Writing is about how you feel, not how other people feel. Write for yourself. and let the world judge not.


----------



## Chris Stevenson (Mar 26, 2019)

My own:

A Writer is…

A humble, receptive student and negotiator

But the heart that beats within his/her breast

Is a determined savage

Unfamiliar with surrender


----------



## Olly Buckle (Mar 28, 2019)

"How come stealing from one book is plagiaism, but stealing from many is research?"
Alfred E Neuman.


----------



## SilverMoon (Mar 28, 2019)

“My belief is that art should not be comforting; for comfort, we have mass entertainment and one another. Art should provoke, disturb, arouse our emotions, expand our sympathies in directions we may not anticipate and may not even wish.” 
- Joyce Carol Oates*

*


----------



## Olly Buckle (May 25, 2019)

"If you weren't stupider than a mud duck you would know that every kick to bad writing is by that much a help to the good."

It's Ezra Pound in a letter. Something to remember when someone gives you heavy crit, it's all for the good really.


----------



## Olly Buckle (May 31, 2019)

When I split infinitives, God damn it, I split them so they will remain split.

Raymond Chandler.


----------



## Megan Pearson (Jun 3, 2019)

“The novelist is like the conductor of an orchestra, his back to  the audience, his face invisible, summoning the experience of music for  the people he cannot see. The writer as conductor also gets to compose  the music and play all of the instruments, a task less formidable than  it seems.”   

  ―        Sol Stein


----------



## Chris Stevenson (Jun 3, 2019)

From my friend and mentor, James, the Yog--"Money flows toward the writer."  (Well, not so much anymore, eh?

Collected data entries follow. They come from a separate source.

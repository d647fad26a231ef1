-- ===== src/Serialization/Integral.antt =====
-- CdrWriter::store_integral and CdrReader::load_integral of src/serialization/cdr.cpp.
use open_rtdds.Prelude.{
  ℕ, zero, suc, ◌+◌, ◌-◌, ◌*◌, ◌/◌, ◌%◌, ◌^◌, ◌≤◌, ◌<◌, ◌≡◌, ◌≢◌, refl, sym, ap, subst, ◌∙◌, arith,
  Option, length, get_or-set_self, get_or-set_ne, length-set, bit_or, BytePointer, ℕ_discrete,
}
use open_rtdds.Prelude.Shift.{
  shift_left64, shift_right, bit_or-high_low, bit_or-low_high, byte-below, byte-above, byte-le,
  byte_place-lt,
}
use native.Mathlib.Nat.{mod-eq_of_lt, mod-lt, one-le-pow, div-eq_of_lt}
use open_rtdds.Rtps.Types.{ByteOrder, big_endian, little_endian}
use open_rtdds.Serialization.Cdr.{byte_at, put_byte}

abbrev pub shift_index : ByteOrder → ℕ → ℕ → ℕ
shift_index little_endian width index = index
shift_index big_endian width index = width - 1 - index

-- The loops count the rounds that are left; `index` is the loop variable.
unfoldable pub store_loop : ByteOrder → ℕ → ℕ → ℕ → ℕ → ℕ → BytePointer → BytePointer
store_loop order width zero index start value buffer = buffer
store_loop order width (suc rounds) index start value buffer =
    store_loop order width rounds (suc index) start value (
      put_byte buffer (start + index)
        (shift_right value (shift_index order width index * 8) % 2 ^ 8))

unfoldable pub store_integral : ByteOrder → ℕ → ℕ → ℕ → BytePointer → BytePointer
store_integral order start value width buffer = store_loop order width width 0 start value buffer

unfoldable pub load_loop : ByteOrder → ℕ → ℕ → ℕ → ℕ → BytePointer → ℕ → ℕ
load_loop order width zero index start buffer value = value
load_loop order width (suc rounds) index start buffer value =
    load_loop order width rounds (suc index) start buffer (
      bit_or value
        (shift_left64 (byte_at buffer (start + index)) (shift_index order width index * 8)))

unfoldable pub load_integral : ByteOrder → ℕ → ℕ → BytePointer → ℕ
load_integral order start width buffer = load_loop order width width 0 start buffer 0

-- Memory of a given size.
abbrev pub Sized : ℕ → BytePointer → Type 0
Sized n Option.none = n ≡ 0
Sized n (Option.some bytes) = length bytes ≡ n

pub put_byte-Sized : (n i v : ℕ) (b : BytePointer) → Sized n b → Sized n (put_byte b i v)
put_byte-Sized n i v Option.none h = h
put_byte-Sized n i v (Option.some bytes) h = length-set bytes i v ∙ h

pub byte_at-put_byte_self :
    (n i v : ℕ) (b : BytePointer) → Sized n b → i < n → byte_at (put_byte b i v) i ≡ v
byte_at-put_byte_self n i v Option.none h lt = absurd (omega arith)
byte_at-put_byte_self n i v (Option.some bytes) h lt = get_or-set_self bytes i v 0 (omega arith)

pub byte_at-put_byte_ne :
    (i j v : ℕ) (b : BytePointer) → i ≢ j → byte_at (put_byte b i v) j ≡ byte_at b j
byte_at-put_byte_ne i j v Option.none ne = refl
byte_at-put_byte_ne i j v (Option.some bytes) ne = get_or-set_ne bytes i j v 0 ne

-- The byte that is stored at an index.
abbrev pub stored_byte : ByteOrder → ℕ → ℕ → ℕ → ℕ
stored_byte order width value index = shift_right value (shift_index order width index * 8) % 2 ^ 8

-- What the loop leaves of the memory.
pub record Stored (n : ℕ) (order : ByteOrder) (width rounds index start value : ℕ)
    (b c : BytePointer) : Type 0 where
  pub sized : Sized n c
  pub below : (i : ℕ) → i < start + index → byte_at c i ≡ byte_at b i
  pub inside :
      (i : ℕ)
      → index ≤ i
      → i < index + rounds
      → byte_at c (start + i) ≡ stored_byte order width value i

pub store_loop-Stored :
    (n : ℕ) (order : ByteOrder) (width rounds index start value : ℕ) (b : BytePointer)
    → Sized n b
    → start + index + rounds ≤ n
    → Stored n order width rounds index start value b
        (store_loop order width rounds index start value b)
unfolding store_loop
store_loop-Stored n order width zero index start value b h fits = record {
  sized = h;
  below = λ i lt. refl;
  inside = λ i lo hi. absurd (omega arith);
}
store_loop-Stored n order width (suc rounds) index start value b h fits =
    let v : ℕ = stored_byte order width value index in
    let c : BytePointer = put_byte b (start + index) v in
    let s =
      store_loop-Stored n order width rounds (suc index) start value c
        (put_byte-Sized n (start + index) v b h) (omega arith) in
    record {
      sized = s.sized;
      below =
          λ i lt. s.below i (omega arith) ∙ byte_at-put_byte_ne (start + index) i v b (omega arith);
      inside = λ i lo hi. elim (ℕ_discrete index i) [
        | yes e ↦
            subst
              (λ j.
                byte_at (store_loop order width rounds (suc index) start value c) (start + j)
                ≡ stored_byte order width value j)
              e
              (s.below (start + index) (omega arith)
                ∙ byte_at-put_byte_self n (start + index) v b h (omega arith))
        | no ne ↦ s.inside i (omega arith) (omega arith)
      ];
    }

shift_left64_byte :
    (v s : ℕ)
    → v < 2 ^ 64
    → shift_left64 (shift_right v (s * 8) % 2 ^ 8) (s * 8) ≡ v / 2 ^ (s * 8) % 256 * 2 ^ (s * 8)
shift_left64_byte v s small =
    mod-eq_of_lt {n = v / 2 ^ (s * 8) % 256 * 2 ^ (s * 8)} (omega (arith, byte-le v s))

join_below :
    (v s : ℕ)
    → v < 2 ^ 64
    → bit_or (v % 2 ^ (s * 8)) (shift_left64 (shift_right v (s * 8) % 2 ^ 8) (s * 8))
      ≡ v % 2 ^ (suc s * 8)
join_below v s small =
    ap (bit_or (v % 2 ^ (s * 8))) (shift_left64_byte v s small)
    ∙ bit_or-low_high (s * 8) (v / 2 ^ (s * 8) % 256) (v % 2 ^ (s * 8))
        (mod-lt v (one-le-pow (s * 8) 2 (omega arith)))
    ∙ sym (byte-below v s)

join_above :
    (v s : ℕ)
    → v < 2 ^ 64
    → bit_or
        (v / 2 ^ (suc s * 8) * 2 ^ (suc s * 8))
        (shift_left64 (shift_right v (s * 8) % 2 ^ 8) (s * 8))
      ≡ v / 2 ^ (s * 8) * 2 ^ (s * 8)
join_above v s small =
    ap (bit_or (v / 2 ^ (suc s * 8) * 2 ^ (suc s * 8))) (shift_left64_byte v s small)
    ∙ bit_or-high_low (suc s * 8) (v / 2 ^ (suc s * 8)) (v / 2 ^ (s * 8) % 256 * 2 ^ (s * 8))
        (byte_place-lt v s)
    ∙ sym (byte-above v s)

-- Loading what was stored.
load_loop_little :
    (width value rounds index start : ℕ) (b : BytePointer)
    → value < 2 ^ 64
    → ((i : ℕ)
        → i < index + rounds
        → byte_at b (start + i) ≡ stored_byte little_endian width value i)
    → load_loop little_endian width rounds index start b (value % 2 ^ (index * 8))
      ≡ value % 2 ^ ((index + rounds) * 8)
unfolding load_loop
load_loop_little width value zero index start b small h =
    ap (λ k. value % 2 ^ (k * 8)) (omega arith)
load_loop_little width value (suc rounds) index start b small h =
    ap
      (λ byte.
        load_loop little_endian width rounds (suc index) start b
          (bit_or (value % 2 ^ (index * 8)) (shift_left64 byte (index * 8))))
      (h index (omega arith))
    ∙ ap (load_loop little_endian width rounds (suc index) start b) (join_below value index small)
    ∙ load_loop_little width value rounds (suc index) start b small (λ i lt. h i (omega arith))
    ∙ ap (λ k. value % 2 ^ (k * 8)) (omega arith)

load_loop_big :
    (width value rounds index start : ℕ) (b : BytePointer)
    → value < 2 ^ 64
    → index + rounds ≡ width
    → ((i : ℕ) → i < width → byte_at b (start + i) ≡ stored_byte big_endian width value i)
    → load_loop big_endian width rounds index start b (value / 2 ^ (rounds * 8) * 2 ^ (rounds * 8))
      ≡ value
unfolding load_loop
load_loop_big width value zero index start b small e h = omega arith
load_loop_big width value (suc rounds) index start b small e h =
    let here : width - 1 - index ≡ rounds = omega arith in
    ap
      (λ byte. load_loop big_endian width rounds (suc index) start b (
        bit_or (value / 2 ^ (suc rounds * 8) * 2 ^ (suc rounds * 8))
          (shift_left64 byte ((width - 1 - index) * 8))))
      (h index (omega arith))
    ∙ ap
        (λ s. load_loop big_endian width rounds (suc index) start b (
          bit_or (value / 2 ^ (suc rounds * 8) * 2 ^ (suc rounds * 8))
            (shift_left64 (shift_right value (s * 8) % 2 ^ 8) (s * 8))))
        here
    ∙ ap (load_loop big_endian width rounds (suc index) start b) (join_above value rounds small)
    ∙ load_loop_big width value rounds (suc index) start b small (omega arith) h

-- An integer that fits its width is loaded as it was stored, in either byte order.
pub load_integral_stored :
    (order : ByteOrder) (width value start : ℕ) (b : BytePointer)
    → value < 2 ^ 64
    → value < 2 ^ (width * 8)
    → ((i : ℕ) → i < width → byte_at b (start + i) ≡ stored_byte order width value i)
    → load_integral order start width b ≡ value
unfolding load_integral
load_integral_stored big_endian width value start b small fits h =
    ap (load_loop big_endian width width 0 start b) {x = 0}
      {y = value / 2 ^ (width * 8) * 2 ^ (width * 8)}
      (omega (arith, ap (λ n. n * 2 ^ (width * 8)) (div-eq_of_lt fits)))
    ∙ load_loop_big width value width 0 start b small (omega arith) h
load_integral_stored little_endian width value start b small fits h =
    ap (load_loop little_endian width width 0 start b) {x = 0} {y = value % 2 ^ (0 * 8)}
      (omega arith)
    ∙ load_loop_little width value width 0 start b small (λ i lt. h i (omega arith))
    ∙ ap (λ k. value % 2 ^ (k * 8)) {x = 0 + width} {y = width} (omega arith)
    ∙ mod-eq_of_lt fits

We're having trouble with that one." But we forge on!


----------



## rarie (Oct 26, 2019)

'Write hard and clear about what hurts.'
-Ernest Hemingway


----------



## KenTR (Oct 27, 2019)

"I'm a writer, you monsters! I create for a living! (_points to head_) _This_ is my uniform! _This_ is how I serve the common man! _This_..."

(_gets punched in the face_​)

- Barton Fink


----------



## Sustrai (Oct 29, 2019)

Nature and letters seem to have a natural antipathy;
bring them together and they tear each other to pieces.

_*-Virginia Woolf-*_


----------